Is there anywhere on the site that tells what is in our boxes?


----------



## javagirl87 (Mar 6, 2013)

how do you know if you're getting box 1 or 2?


----------



## missnaya (Mar 6, 2013)

> Originally Posted by *javagirl87* /img/forum/go_quote.gif
> 
> how do you know if you're getting box 1 or 2?


 if you go to "my account" at the top right, then click on "my orders" it will show your order information and then click on "show details" and it says which box number you're getting. I'm getting Box #1 this month!  /emoticons/[email protected] 2x" width="20" height="20" />


----------



## javagirl87 (Mar 6, 2013)

Oooo thanks! I'm getting box #4! i didn't realize they had different options! when do we fine out what's in it? or is it a surprise until it comes in the mail?


----------



## blondie415 (Mar 6, 2013)

First box this month and i am getting box 4 cant wait!


----------



## catipa (Mar 6, 2013)

This is my first box too, I'm getting box number 3-hope it's tasty!


----------



## pengutango (Mar 6, 2013)

I put my account on hold for this month since I wasn't happy with my first box.

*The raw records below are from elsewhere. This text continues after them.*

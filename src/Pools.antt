-- ===== src/Pools.antt =====
-- app/services/elective_pools.py: the subjects that a pool of electives allows. The pool and the catalogue
-- come from JSON files: `str()` of a level or code is a text here, and `int()` of a configured level a
-- number, `none` where it raises. A set is a list without repeats.
pub mod Allowed
mod Samples
use intelli_study_planner_br.Base.{
  ℕ, ◌*◌, ◌-◌, ℤ, pos, Bool, true, false, not, ◌&&◌, ◌||◌, Option, none, some, List, [], ◌∷◌, ◌++◌,
  Text, codes, lower, strip, upper, starts_with, is_empty, is_space, keep, find, any, elem, map,
  if◌then◌else◌, ◌==◌, text_eq, int_eq, nat_eq, int_of_text,
}
use intelli_study_planner_br.Regex.{
  Regex, Scan, fullmatch, group, group_of, ◌>>◌, ◌or◌, opt, plus, star, ilit, lit, any_of, space,
  digit, capital, repeat,
}

-- An entry of the catalogue.
pub record Subject : Type 0 where
  pub code : Option Text
  pub subject_level : Option Text
  pub tags : List Text

abbrev pub Catalog : Type 0
Catalog = List (Text × Subject)

pub data Mode : Type 0 where
  named_list open_pool prefix_level other_mode : Mode

pub record Pool : Type 0 where
  pub mode : Mode
  pub codes_named : List Text
  pub prefixes : List Text
  pub include_general_schedule : Bool
  pub level_rules : List (List (Option ℤ))

-- normalize_code of app/services/prerequisite_parser.py
unfoldable pub normalize_code : Text → Text
unfolding upper
normalize_code code = keep (λ c. not (c == 32)) (upper code)

abbrev pub allowed_elective_levels : List ℕ
allowed_elective_levels = 100 ∷ 200 ∷ 300 ∷ []

abbrev level_text : Regex
level_text =
    star space
    >> group 1 (
        any_of (
          codes "100"
          ∷ codes "200"
          ∷ codes "300"
          ∷ codes "400"
          ∷ codes "500"
          ∷ codes "600"
          ∷ codes "700"
          ∷ codes "800"
          ∷ codes "900"
          ∷ []))
    >> star space
    >> (opt (
        (opt (lit (codes "-")) >> star space >> ilit (codes "level"))
        or (opt (lit (codes "-")) >> star space >> ilit (codes "lv"))))
    >> star space

abbrev code_text : Regex
code_text = repeat 2 8 capital >> group 1 (repeat 3 4 digit) >> opt capital

abbrev pub text_or_empty : Option Text → Text
text_or_empty none = []
text_or_empty (some s) = s

abbrev captured : Scan → Text
captured s = text_or_empty (group_of 1 s.groups)

abbrev level_of_digits : Text → Option ℕ
level_of_digits [] = none
level_of_digits (c ∷ s) = if c == b'0' then none else some ((c - 48) * 100)

abbrev level_of_match : Option Scan → Option ℕ
level_of_match none = none
level_of_match (some s) = level_of_digits (captured s)

-- The first digit of a code's number.
unfoldable pub level_of_code : Text → Option ℕ
unfolding fullmatch group_of normalize_code
level_of_code code = level_of_match (fullmatch code_text (normalize_code code))

abbrev nat_of : Option ℤ → Option ℕ
nat_of (some (pos n)) = some n
nat_of _ = none

abbrev stated_level : Text → Text → Option Scan → Option ℕ
stated_level raw code (some s) = nat_of (int_of_text (captured s))
stated_level raw code none = if is_empty (strip raw) then level_of_code code else none

-- subject_level
unfoldable pub level_of : Subject → Option ℕ
unfolding fullmatch group_of level_of_code strip int_of_text
level_of subject = elim subject.subject_level [
  | none ↦ level_of_code (text_or_empty subject.code)
  | some raw ↦ stated_level raw (text_or_empty subject.code) (fullmatch level_text raw)
]

unfoldable pub has_level : List ℕ → Subject → Bool
has_level levels subject = elim (level_of subject) [ none ↦ false | some l ↦ elem l levels ]

abbrev filled : Text → Bool
filled s = not (is_empty s)

-- _matches_prefixes
unfoldable pub matches_prefixes : Text → List Text → Bool
unfolding normalize_code starts_with
matches_prefixes code prefixes =
    any (λ prefix. starts_with (normalize_code code) (normalize_code prefix)) (keep filled prefixes)

-- _is_general_schedule
unfoldable pub is_general_schedule : Subject → Bool
unfolding strip lower
is_general_schedule subject =
    any (λ tag. lower (strip tag) == codes "general schedule") subject.tags

-- candidates.add
abbrev pub add : Text → List Text → List Text
add code candidates = if elem code candidates then candidates else candidates ++ code ∷ []

abbrev pub has_key : Text → Text × Subject → Bool
has_key norm (key, subject) = key == norm

-- `normalize_code(key) == norm or normalize_code(str(entry.get("code") or "")) == norm`
abbrev pub is_entry_of : Text → Text × Subject → Bool
is_entry_of norm (key, subject) =
    normalize_code key == norm || normalize_code (text_or_empty subject.code) == norm

abbrev pub or_else : Option (Text × Subject) → Option (Text × Subject) → Option (Text × Subject)
or_else none other = other
or_else (some entry) other = some entry

-- catalog.get(norm), else the first entry of the code.
unfoldable pub entry_of : Text → Catalog → Option (Text × Subject)
entry_of norm catalog = or_else (find (has_key norm) catalog) (find (is_entry_of norm) catalog)

abbrev pub normalized : List Text → List Text
normalized forbidden = map normalize_code (keep filled forbidden)

abbrev pub add_found : Text → List Text → Option (Text × Subject) → List Text
add_found norm candidates none = candidates
add_found norm candidates (some (key, subject)) =
    if has_level allowed_elective_levels subject then add norm candidates else candidates

-- The loop over the codes of a named list.
unfoldable pub named_codes : Catalog → List Text → List Text → List Text → List Text
named_codes catalog forbidden [] candidates = candidates
named_codes catalog forbidden (code ∷ rest) candidates =
    let norm : Text = normalize_code code in
    named_codes catalog forbidden rest (
      if is_empty norm || elem norm forbidden
      then candidates
      else add_found norm candidates (entry_of norm catalog))

-- The configured levels that `int` reads.
unfoldable pub configured_levels : List (List (Option ℤ)) → List ℤ
configured_levels [] = []
configured_levels ([] ∷ rules) = configured_levels rules
configured_levels ((none ∷ levels) ∷ rules) = configured_levels (levels ∷ rules)
configured_levels ((some l ∷ levels) ∷ rules) = l ∷ configured_levels (levels ∷ rules)

abbrev pub allowed_levels : List ℤ → List ℕ
allowed_levels configured =
    if is_empty configured
    then allowed_elective_levels
    else keep (λ l. elem (pos l) configured) allowed_elective_levels

-- `subject.get("code") or key`
abbrev pub code_or_key : Text → Option Text → Text
code_or_key key none = key
code_or_key key (some []) = key
code_or_key key (some (c ∷ s)) = c ∷ s

abbrev pub takes : Pool → List ℕ → List Text → Text → Subject → Bool
takes pool levels forbidden code subject =
    not (is_empty code || elem code forbidden)
    && (has_level levels subject
        && ((is_empty pool.prefixes || matches_prefixes code pool.prefixes)
            || pool.include_general_schedule && is_general_schedule subject))

-- The loop over the catalogue.
unfoldable pub open_codes : Pool → List ℕ → List Text → Catalog → List Text → List Text
open_codes pool levels forbidden [] candidates = candidates
open_codes pool levels forbidden ((key, subject) ∷ catalog) candidates =
    let code : Text = normalize_code (code_or_key key subject.code) in
    open_codes pool levels forbidden catalog
      (if takes pool levels forbidden code subject then add code candidates else candidates)

abbrev pub open_candidates : Pool → List ℕ → Catalog → List Text → List Text
open_candidates pool levels catalog forbidden =
    if is_empty levels then [] else open_codes pool levels forbidden catalog []

-- resolve_pool_candidates
unfoldable pub resolve_pool_candidates : Pool → Catalog → List Text → List Text
resolve_pool_candidates pool catalog forbidden = elim pool.mode [
  | named_list ↦ named_codes catalog (normalized forbidden) pool.codes_named []
  | other_mode ↦ []
  | _ ↦
      open_candidates pool (allowed_levels (configured_levels pool.level_rules)) catalog
        (normalized forbidden)
]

I may end up canceling, but I'm mulling it over and seeing what you all get for March's box.


----------



## randomlyreviews (Mar 6, 2013)

First box for me, and I'm getting #3!


----------



## melanie0971 (Mar 6, 2013)

> Originally Posted by *bumbeaute* /img/forum/go_quote.gif
> 
> I just recently accepted an invite to Goodies Co.  but I checked my status right now and it said I'll most likely be receiving the April box!!  Did they already start charging/shipping the March box??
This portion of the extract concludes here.